Richea alpina, known as short candleheath, is a species of heath endemic to Tasmania, occurring in the mountains of the southwest. It is morphologically similar to the hybrid species Richea curtisiae which usually occurs after disturbance in the west and central mountains.

== Description ==
Richea alpina is a low growing (< 1 m high), sparsely branching shrub. The branches are usually covered by soil, making the above ground parts appear separate. The spreading leaves curve downwards and are crowded towards the ends of branches. They are generally 80–130 mm long, 6–12 mm wide with serrated margins and lance-shaped, tapering to a point at the end.

The inflorescence consists of numerous flowers in terminal, pyramidal panicles (many-branched inflorescences). The floral branches bear 5-18 flowers with leaf-like bracts. While similar to the foliage leaves, the lower bracts are smaller, more erect, and with membranous wings. The shorter upper bracts suddenly taper to an erect, acute point and are easily detached and shed early. The flowers are on pedicels 2–4 mm long, with 1–3 mm long broadly triangular sepals that are the same colour as the corolla, which can be pink, orange, or crimson. Each flower has 5 stamens which are red with 3–4.5 mm long filaments attached slightly below the centre of 1–1.5 mm long anthers.
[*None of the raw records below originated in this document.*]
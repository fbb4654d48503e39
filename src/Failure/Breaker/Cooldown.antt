-- ===== src/Failure/Breaker/Cooldown.antt =====
-- An open circuit breaker (crates/runtime/src/failure_management.rs) under a series of requests.
use way_balancer.Base.{
  ℕ, ◌+◌, ◌-◌, ◌≤◌, ◌<◌, ◌≡◌, refl, ap, ◌∙◌, Bool, true, false, List, [], ◌∷◌, All, arith,
  if◌then◌else◌,
}
use way_balancer.Failure.Breaker.{
  CircuitBreaker, CircuitBreakerPolicy, CircuitBreakerRecord, opened, half_open, allow_request,
  half_open_if_due, decide, rearm_if_due, admit_probe, transition_breaker_state,
}
use way_balancer.Failure.Breaker.Invariant.{Inv}

-- Requests at the given times, and nothing reported between them.
pub requests : CircuitBreaker → List ℕ → CircuitBreaker
requests b [] = b
requests b (now ∷ ts) = requests (allow_request b now).0 ts

-- How many of them are admitted.
unfoldable pub admissions : CircuitBreaker → List ℕ → ℕ
admissions b [] = 0
admissions b (now ∷ ts) =
    (if (allow_request b now).1 then 1 else 0) + admissions (allow_request b now).0 ts

reject_open :
    (b : CircuitBreaker) (now : ℕ)
    → b.breaker_record.state ≡ opened
    → now - b.breaker_record.opened_at < b.policy.open_duration
    → ((allow_request b now).1 ≡ false)
      × ((allow_request b now).0.breaker_record ≡ b.breaker_record)
      × ((allow_request b now).0.policy ≡ b.policy)
unfolding allow_request half_open_if_due decide
reject_open b now o h = (ground arith, ground arith, ground arith)

requests_rejected :
    (b : CircuitBreaker) (r : CircuitBreakerRecord) (duration : ℕ) (ts : List ℕ)
    → b.breaker_record ≡ r
    → b.policy.open_duration ≡ duration
    → r.state ≡ opened
    → All (λ t. t - r.opened_at < duration) ts
    → (admissions b ts ≡ 0)
      × ((requests b ts).breaker_record ≡ r)
      × ((requests b ts).policy ≡ b.policy)
unfolding requests admissions
requests_rejected b r d [] e f o h = (refl, e, refl)
requests_rejected b r d (now ∷ ts) e f o h =
    let (refused, same, kept) = reject_open b now (ground arith) (ground arith) in
    let ih =
      requests_rejected (allow_request b now).0 r d ts (same ∙ e)
        (ap (λ (p : CircuitBreakerPolicy). p.open_duration) kept ∙ f) o h.1 in
    (omega (arith, ih.0, if_false refused), ih.1, ih.2 ∙ kept)
  where
    if_false : {x : Bool} → x ≡ false → (if x then 1 else 0) ≡ ◌+◌ 0 0
    if_false e = rw e

admit_due :
    (b : CircuitBreaker) (now : ℕ)
    → b.breaker_record.state ≡ opened
    → b.policy.open_duration ≤ now - b.breaker_record.opened_at
    → b.breaker_record.half_open_successes < b.policy.half_open_success_threshold
    → ((allow_request b now).1 ≡ true)
      × ((allow_request b now).0.breaker_record.state ≡ half_open)
      × ((allow_request b now).0.breaker_record.half_open_admitted ≡ 1)
unfolding allow_request half_open_if_due decide rearm_if_due admit_probe transition_breaker_state
admit_due b now o h s = (ground arith, ground arith, ground arith)

-- While the cool-down of an open breaker that keeps the invariant runs, no request passes and the
-- record stays as it is; the first request after it is admitted as the first probe of a half-open
-- breaker.
pub cooldown_then_probe :
    (b : CircuitBreaker) (ts : List ℕ) (now : ℕ)
    → Inv b
    → b.breaker_record.state ≡ opened
    → All (λ t. t - b.breaker_record.opened_at < b.policy.open_duration) ts
    → b.policy.open_duration ≤ now - b.breaker_record.opened_at
    → (admissions b ts ≡ 0)
      × ((requests b ts).breaker_record ≡ b.breaker_record)
      × ((allow_request (requests b ts) now).1 ≡ true)
      × ((allow_request (requests b ts) now).0.breaker_record.state ≡ half_open)
      × ((allow_request (requests b ts) now).0.breaker_record.half_open_admitted ≡ 1)
cooldown_then_probe b ts now v o h due =
    let (none_in, same, kept) =
      requests_rejected b b.breaker_record b.policy.open_duration ts refl refl o h in
    let c = requests b ts in
    let first = admit_due c now (ground arith) (ground arith) (ground (arith, v.still_probing)) in
    (none_in, same, first.0, first.1, first.2)
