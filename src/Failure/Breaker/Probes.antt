-- ===== src/Failure/Breaker/Probes.antt =====
-- How many probes a half-open circuit breaker (crates/runtime/src/failure_management.rs) admits.
use way_balancer.Base.{ℕ, ◌-◌, ◌<◌, ◌≡◌, List, [], ◌∷◌, All, length, min, arith, if◌then◌else◌}
use way_balancer.Failure.Breaker.{
  CircuitBreaker, half_open, allow_request, half_open_if_due, decide, rearm_if_due, admit_probe,
}
use way_balancer.Failure.Breaker.Cooldown.{admissions}

-- Probes still to be admitted in the window.
pub probes_left : CircuitBreaker → ℕ
probes_left b =
    b.policy.half_open_success_threshold - b.breaker_record.half_open_successes
    - b.breaker_record.half_open_admitted

-- The breaker probes, in a window that started at the given time and lasts as long as given.
pub record IsProbing (b : CircuitBreaker) (start duration : ℕ) : Type 0 where
  pub probing : b.breaker_record.state ≡ half_open
  pub started : b.breaker_record.half_open_window_started ≡ start
  pub lasts : b.policy.open_duration ≡ duration

probe_step :
    (b : CircuitBreaker) (start duration now : ℕ)
    → IsProbing b start duration
    → now - start < duration
    → IsProbing (allow_request b now).0 start duration
      × ((if (allow_request b now).1 then 1 else 0) ≡ min 1 (probes_left b))
      × (probes_left (allow_request b now).0 ≡ probes_left b - 1)
unfolding allow_request half_open_if_due decide rearm_if_due admit_probe probes_left
probe_step b start duration now v h = (ground arith, ground arith, ground arith)

-- Of the requests made within one half-open window, with no outcome reported between them, exactly
-- as many pass as there are requests and probes left.
pub admissions-probing :
    (b : CircuitBreaker) (start duration : ℕ) (ts : List ℕ)
    → IsProbing b start duration
    → All (λ t. t - start < duration) ts
    → admissions b ts ≡ min (length ts) (probes_left b)
unfolding admissions
admissions-probing b start duration [] v h = omega arith
admissions-probing b start duration (now ∷ ts) v h =
    let (w, one, left) = probe_step b start duration now v h.0 in
    omega (arith, one, left, admissions-probing (allow_request b now).0 start duration ts w h.1)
Flowering occurs from November to late January, ultimately producing capsules 2.5–3.5 mm in diameter.

== Habitat and distribution ==
Like most of the species in the genus Richea, R. alpina is endemic to Tasmania, and can be found in the mountains of the southwest, including the Frankland, Wilmot, Western and Eastern Arthur Ranges, and Mt Bobs. As the name suggests, it occurs in exposed alpine moor and low shrubbery, often as solitary plants or forming low copses surrounded by Empodisma minus. It can also sometimes be found in subalpine shrubbery where it can grow taller (70–100 cm high) due to being more protected. It occupies undisturbed sites, often isolated from Richea scoparia and/or Richea pandanifolia.

== Taxonomy ==
Menadue and Crowden (2000) first formally described R. alpina after examining flavonoid patterns in a taxonomic revision of the genus Richea. While morphologically similar to the hybrid species R. curitsiae (R. scoparia x R. pandanifolia), flavonoid chemistry showed R. alpina had quite a different flavonoid pattern to R. scoparia and R. pandanifolia, unlike R. curtisiae which had the complement of both these species.
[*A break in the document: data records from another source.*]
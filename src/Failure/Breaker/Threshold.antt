-- ===== src/Failure/Breaker/Threshold.antt =====
-- When a circuit breaker (crates/runtime/src/failure_management.rs) opens and when it closes again.
use way_balancer.Base.{
  ◌==◌, ℕ, suc, ◌+◌, ◌≤◌, ◌<◌, ◌≡◌, true, false, inl, inr, Bool-cases, if◌then◌else◌, count, List,
  [], ◌∷◌, arith, u32_max, zero,
}
use native.Mathlib.Nat.{add-zero}
use way_balancer.Failure.{UpstreamFailureClass, counts_toward_breaker}
use way_balancer.Failure.Breaker.{
  CircuitBreaker, closed, opened, half_open, record_success, record_failure, success_in, failure_in,
  transition_breaker_state,
}

-- Failures at the given times, and nothing between them.
pub fail_all : CircuitBreaker → List (ℕ × UpstreamFailureClass) → CircuitBreaker
fail_all b [] = b
fail_all b ((now, class) ∷ fs) = fail_all (record_failure b now class) fs

-- `n` successes in a row.
pub succeed_times : CircuitBreaker → ℕ → CircuitBreaker
succeed_times b zero = b
succeed_times b (suc n) = succeed_times (record_success b) n

-- How many of the failures are of a class that counts.
abbrev pub counting : List (ℕ × UpstreamFailureClass) → ℕ
counting fs = count (λ (f : ℕ × UpstreamFailureClass). counts_toward_breaker f.1) fs

-- A closed breaker that has counted `n` failures and opens at the threshold `k`.
pub record IsCounting (b : CircuitBreaker) (n k : ℕ) : Type 0 where
  pub still_closed : b.breaker_record.state ≡ closed
  pub counted : b.breaker_record.consecutive_failures ≡ n
  pub opens_at : b.policy.open_failure_threshold ≡ k

count_step :
    (b : CircuitBreaker) (n k now : ℕ) (class : UpstreamFailureClass)
    → k ≤ u32_max
    → IsCounting b n k
    → counts_toward_breaker class ≡ true
    → n + 1 < k
    → IsCounting (record_failure b now class) (n + 1) k
unfolding record_failure failure_in
count_step b n k now class r v c h = ground arith

open_step :
    (b : CircuitBreaker) (n k now : ℕ) (class : UpstreamFailureClass)
    → k ≤ u32_max
    → IsCounting b n k
    → counts_toward_breaker class ≡ true
    → n + 1 ≡ k
    → ((record_failure b now class).breaker_record.state ≡ opened)
      × ((record_failure b now class).breaker_record.opened_at ≡ now)
unfolding record_failure failure_in transition_breaker_state
open_step b n k now class r v c h = (ground arith, ground arith)

skip_step :
    (b : CircuitBreaker) (now : ℕ) (class : UpstreamFailureClass)
    → counts_toward_breaker class ≡ false
    → record_failure b now class ≡ b
unfolding record_failure
skip_step b now class c = ground (arith, c)

-- A series of failures of which fewer count than the threshold leaves.
fail_all-IsCounting :
    (b : CircuitBreaker) (n k : ℕ) (fs : List (ℕ × UpstreamFailureClass))
    → k ≤ u32_max
    → IsCounting b n k
    → n + counting fs < k
    → IsCounting (fail_all b fs) (n + counting fs) k
unfolding fail_all
fail_all-IsCounting b n k [] r v h = rw add-zero v
fail_all-IsCounting b n k ((t, d) ∷ fs) r v h = elim (Bool-cases (counts_toward_breaker d)) [
  | inr c ↦
      let e : n + (0 + counting fs) ≡ n + counting fs = omega arith in
      rw (c, fail_all, skip_step b t d c, e)
        (fail_all-IsCounting b n k fs r v (ground (arith, c, h)))
  | inl c ↦
      let low : n + 1 + counting fs < k = ground (arith, c, h) in
      let ih =
        fail_all-IsCounting (record_failure b t d) (n + 1) k fs r
          (count_step b n k t d r v c (omega arith)) low in
      let e : n + 1 + counting fs ≡ n + (1 + counting fs) = omega arith in rw (c, ← e) ih
]

-- What the next failure does to a closed breaker that has counted `n` failures: one that counts
-- opens it, at its own time, if it is the last to the threshold, and is counted otherwise; one that
-- does not count changes nothing.
abbrev pub IsNextFailure :
    CircuitBreaker → ℕ → ℕ → ℕ → UpstreamFailureClass → CircuitBreaker → Type 0
IsNextFailure before n k now class after =
    if counts_toward_breaker class
    then (if n + 1 == k
        then (after.breaker_record.state ≡ opened) × (after.breaker_record.opened_at ≡ now)
        else IsCounting after (n + 1) k)
    else after ≡ before

next_failure :
    (b : CircuitBreaker) (n k now : ℕ) (class : UpstreamFailureClass)
    → k ≤ u32_max
    → IsCounting b n k
    → n < k
    → IsNextFailure b n k now class (record_failure b now class)
next_failure b n k now class r v h = elim (Bool-cases (counts_toward_breaker class)) [
  | inr c ↦ rw c (skip_step b now class c)
  | inl c ↦ elim (Bool-cases (n + 1 == k)) [
    | inl e ↦ rw (c, e) (open_step b n k now class r v c (ground (arith, e)))
    | inr d ↦ rw (c, d) (count_step b n k now class r v c (ground (arith, d, h)))
  ]
]

-- A closed breaker stays closed through a series of failures as long as fewer of them count than are
-- left to its threshold, and it has then counted just these. The next failure opens it, at its own
-- time, if it counts and reaches the threshold, is counted if it counts and does not reach it, and
-- changes nothing if it is permanent. The threshold is in the range of u32.
pub opens_at_threshold :
    (b : CircuitBreaker) (n k : ℕ) (fs : List (ℕ × UpstreamFailureClass)) (now : ℕ)
    (class : UpstreamFailureClass)
    → k ≤ u32_max
    → IsCounting b n k
    → n + counting fs < k
    → let before = fail_all b fs in
      IsCounting before (n + counting fs) k
      × IsNextFailure before (n + counting fs) k now class (record_failure before now class)
opens_at_threshold b n k fs now class r v h =
    let before = fail_all-IsCounting b n k fs r v h in
    (before, next_failure (fail_all b fs) (n + counting fs) k now class r before h)

-- A half-open breaker that has counted `n` successes and closes at the threshold `k`.
pub record IsRecovering (b : CircuitBreaker) (n k : ℕ) : Type 0 where
  pub probing : b.breaker_record.state ≡ half_open
  pub counted : b.breaker_record.half_open_successes ≡ n
  pub closes_at : b.policy.half_open_success_threshold ≡ k

recover_step :
    (b : CircuitBreaker) (n k : ℕ)
    → k ≤ u32_max
    → IsRecovering b n k
    → n + 1 < k
    → IsRecovering (record_success b) (n + 1) k
unfolding record_success success_in
recover_step b n k r v h = ground arith

close_step :
    (b : CircuitBreaker) (n k : ℕ)
    → k ≤ u32_max
    → IsRecovering b n k
    → n + 1 ≡ k
    → ((record_success b).breaker_record.state ≡ closed)
      × ((record_success b).breaker_record.consecutive_failures ≡ 0)
      × ((record_success b).breaker_record.half_open_successes ≡ 0)
unfolding record_success success_in transition_breaker_state
close_step b n k r v h = (ground arith, ground arith, ground arith)

-- A half-open breaker closes with the success that reaches the threshold, with both counters reset,
-- and not before it; this for a threshold in the range of u32.
pub closes_at_threshold :
    (b : CircuitBreaker) (n k m : ℕ)
    → k ≤ u32_max
    → IsRecovering b n k
    → n + m + 1 ≡ k
    → IsRecovering (succeed_times b m) (n + m) k
      × ((succeed_times b (suc m)).breaker_record.state ≡ closed)
      × ((succeed_times b (suc m)).breaker_record.consecutive_failures ≡ 0)
      × ((succeed_times b (suc m)).breaker_record.half_open_successes ≡ 0)
unfolding succeed_times
closes_at_threshold b n k zero r v h =
    let last = close_step b n k r v (omega arith) in (rw add-zero v, last.0, last.1, last.2)
closes_at_threshold b n k (suc m) r v h =
    let ih =
      closes_at_threshold (record_success b) (n + 1) k m r (recover_step b n k r v (omega arith))
        (omega arith) in
    let e : n + 1 + m ≡ n + suc m = omega arith in (rw (← e) (ih.0), ih.1, ih.2, ih.3)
As well as the clear differentiation in flavonoid patterns, R. curtisiae populations are small and ephemeral, showing continual establishment after disturbances such as fire, while the habitat of R. alpina is undisturbed, and populations are well established. R. curtisiae populations also always occur in the vicinity of its parental species, whereas R. alpina usually occurs in the absence of one or both of these species.